Rajpreet (she/her) is currently based in Tkaronto and is a fourth-year student in International Development Studies co-op and majoring in Human Geography (UTSC). She engages with alternative and community power mapping as research practice and currently working on her thesis on the public memorialization processes of the disappeared in Kathmandu, after completing a 10-month placement. As a spacemaker and builder, she values critical/feminist pedagogy, site-specific projects and community-based arts. Rajpreet would approach the STEPS Initiative project with the understanding of the symbolic and material value of public art and the centring Indigenous-led projects in fostering community discourse. At UTSC, she is the VP internal for the Geography and City Studies Student Association, a research and outreach assistant for the Women and Gender Studies Department and the community programs director for the consent culture campaign for the Scarborough Campus Students’ Union.

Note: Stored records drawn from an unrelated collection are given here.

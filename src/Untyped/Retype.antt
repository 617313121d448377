-- ===== src/Untyped/Retype.antt =====
-- `untyped_retype` as a whole: its refusal, its success, and a target slot that is in use.
use Prim.Native.Nat.{bit_or}
use untitled_bare_metal.Base.{
  ℕ, ◌+◌, ◌%◌, ◌^◌, ◌≤◌, ◌<◌, ◌≡◌, ◌≢◌, ◌∙◌, true, false, some, List, ◌∷◌, ◌++◌, arith, ltb, ◌==◌,
}
use untitled_bare_metal.Sys.{cap_cnode, not_enough_memory}
use untitled_bare_metal.Tag.{msg_ok, msg_err}
use untitled_bare_metal.Cap.{cap_ptr, cap_size, is_safe_cap_ptr}
use untitled_bare_metal.Region.{object_size}
use untitled_bare_metal.Cdt.{Slots, set_cap}
use untitled_bare_metal.Cdt.Chain.{Chain, insert-links, insert-next}
use untitled_bare_metal.Cdt.Effects.{no-Chain}
use untitled_bare_metal.Kernel.{Kernel, done}
use untitled_bare_metal.Kernel.Registers.{Ready, put_mr, msg_not_enough_memory-ok}
use untitled_bare_metal.CNode.{slot_at}
use untitled_bare_metal.CNode.Methods.{lookup_found}
use untitled_bare_metal.Untyped.{
  untyped_retype, retype_into, available_memory, total_size, align_up, set_badge, inside,
  create_object,
}
use untitled_bare_metal.Untyped.Create.{
  created, created_slots, created_cap, zeroed, create_object-ok,
}
use untitled_bare_metal.Untyped.Objects.{created_run, create_objects-run, object_at}

module _ (slot type size_bits root node_index node_offset num n : ℕ) (k : Kernel)
    (sized : object_size type size_bits ≡ some n) where
  abbrev room : ℕ
  room = available_memory (k.cte slot).cap.size_bits (k.cte slot).cap.badge n

  -- Where the sizes leave no room, untyped_retype by a thread with a buffer replies that memory is
  -- short, message register 0 holds what is available, and nothing else has changed.
  pub untyped_retype-full :
      Ready k
      → ltb room (total_size n num) ≡ true
      → untyped_retype slot type size_bits root node_index 64 node_offset num k
        ≡ done (msg_err not_enough_memory 1) (put_mr 0 room k)
  unfolding untyped_retype
  untyped_retype-full r full = rw (sized, full) (msg_not_enough_memory-ok k r room)

  abbrev node : ℕ
  node = slot_at (cap_ptr (k.cte root).cap) node_index

  abbrev base : ℕ
  base = slot_at (cap_ptr (k.cte node).cap) node_offset

  abbrev offset : ℕ
  offset = align_up (k.cte slot).cap.badge n

  abbrev usable : ℕ
  usable = (cap_ptr (k.cte slot).cap + offset) % 2 ^ 64

  -- If the sizes leave room, the root and the target are capability nodes with the indices in
  -- range, and the objects' addresses are safe, then untyped_retype replies without an error after
  -- creating all objects from the aligned mark on, and the mark moves to their end.
  pub untyped_retype-ok :
      ltb room (total_size n num) ≡ false
      → (k.cte root).cap.type ≡ cap_cnode
      → node_index < cap_size (k.cte root).cap
      → (k.cte node).cap.type ≡ cap_cnode
      → node_offset + num < 2 ^ 64
      → node_offset + num ≤ cap_size (k.cte node).cap
      → node_offset < cap_size (k.cte node).cap
      → base ≢ 0
      → k.hhdm ≢ 0
      → ((j : ℕ) → j < num → is_safe_cap_ptr (object_at usable n k.hhdm j) ≡ true)
      → let k' = created_run slot type size_bits base n usable num 0 k in
        untyped_retype slot type size_bits root node_index 64 node_offset num k
        ≡ done
            (msg_ok 0)
            (record k' { cte = set_badge slot ((offset + total_size n num) % 2 ^ 64) k'.cte })
  unfolding untyped_retype retype_into
  untyped_retype-ok fits is_node in_root is_node' small in_node here nz mapped safe =
      rw (sized, fits, lookup_found root node_index k is_node in_root)
        (rw (
          test,
          bound,
          inside_node,
          base_test,
          create_objects-run slot type size_bits base n usable num 0 k mapped
              (λ j lo hi. safe j (omega arith)),
        ))
    where
      test : ((k.cte node).cap.type == cap_cnode) ≡ true
      test = ground arith

      bound : ltb (cap_size (k.cte node).cap) ((node_offset + num) % 2 ^ 64) ≡ false
      bound = ground arith

      inside_node : ltb node_offset (cap_size (k.cte node).cap) ≡ true
      inside_node = ground arith

      base_test : (base == 0) ≡ false
      base_test = ground arith

-- The links after a slot `dest` that stood behind `src` is given to a new object.
stolen-links :
    (s : Slots) (untyped type size_bits src dest p n : ℕ)
    → src ≢ dest
    → src ≢ untyped
    → dest ≢ untyped
    → (s src).next ≡ dest
    → inside p n src ≡ false
    → ((created_slots untyped type size_bits dest p n s src).next ≡ dest)
      × ((created_slots untyped type size_bits dest p n s dest).prev ≡ untyped)
stolen-links s untyped type size_bits src dest p n sd su du nx out =
    let t = set_cap dest (created_cap (zeroed p n s dest).cap type size_bits p) (zeroed p n s) in
    (insert-next t dest untyped src sd su ∙ still, (insert-links t dest untyped du).0)
  where
    still :
        (set_cap dest
          (created_cap (zeroed p n s dest).cap type size_bits p)
          (zeroed p n s)
          src).next
        ≡ dest
    still = ground arith

-- If the target slot of a new object is not null and stands behind another slot src, both not the
-- untyped slot, and src is not under the object, then create_object succeeds and no well-formed
-- list goes through src any more.
create_object-occupied :
    (untyped type size_bits src dest n paddr : ℕ) (k : Kernel) (us vs : List ℕ) (q : ℕ)
    → k.hhdm ≢ 0
    → is_safe_cap_ptr (bit_or paddr k.hhdm) ≡ true
    → src ≢ dest
    → src ≢ untyped
    → dest ≢ untyped
    → dest ≢ 0
    → (k.cte src).next ≡ dest
    → inside (bit_or paddr k.hhdm) n src ≡ false
    → (k' : Kernel) × (create_object untyped type size_bits dest n paddr k ≡ done tt k')
      × ¬ (Chain k'.cte q (us ++ src ∷ vs))
create_object-occupied untyped type size_bits src dest n paddr k us vs q mapped safe sd su du nz nx
      out =
    let p = bit_or paddr k.hhdm in
    let (nx', pr') = stolen-links k.cte untyped type size_bits src dest p n sd su du nx out in
    (
      created untyped type size_bits dest n p k,
      create_object-ok untyped type size_bits dest n paddr k mapped safe,
      no-Chain (created_slots untyped type size_bits dest p n k.cte) src dest untyped q us vs nx'
          pr' nz su,
    )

Randa Omar is a is a fourth-year student at John H. Daniels Faculty of Architecture, Landscape and Design, Technology Stream, and majoring in Urban Studies at Innis College. As a student of Architecture and Urban Studies, Randa analyzes and designs projects considering all aspects: social, political, economic, cultural, and aesthetic, which would be of asset to the STEPS Initiative student team Randa is the current President of the Architecture and Visual Studies Student Union, as well as a Research Assistant evaluating the intersection of slavery, colonialism, and gender in architecture. Randa is the recipient of the Jackman Scholar-in-Residence award, researching the use of classical architecture in slave-owning societies/colonies.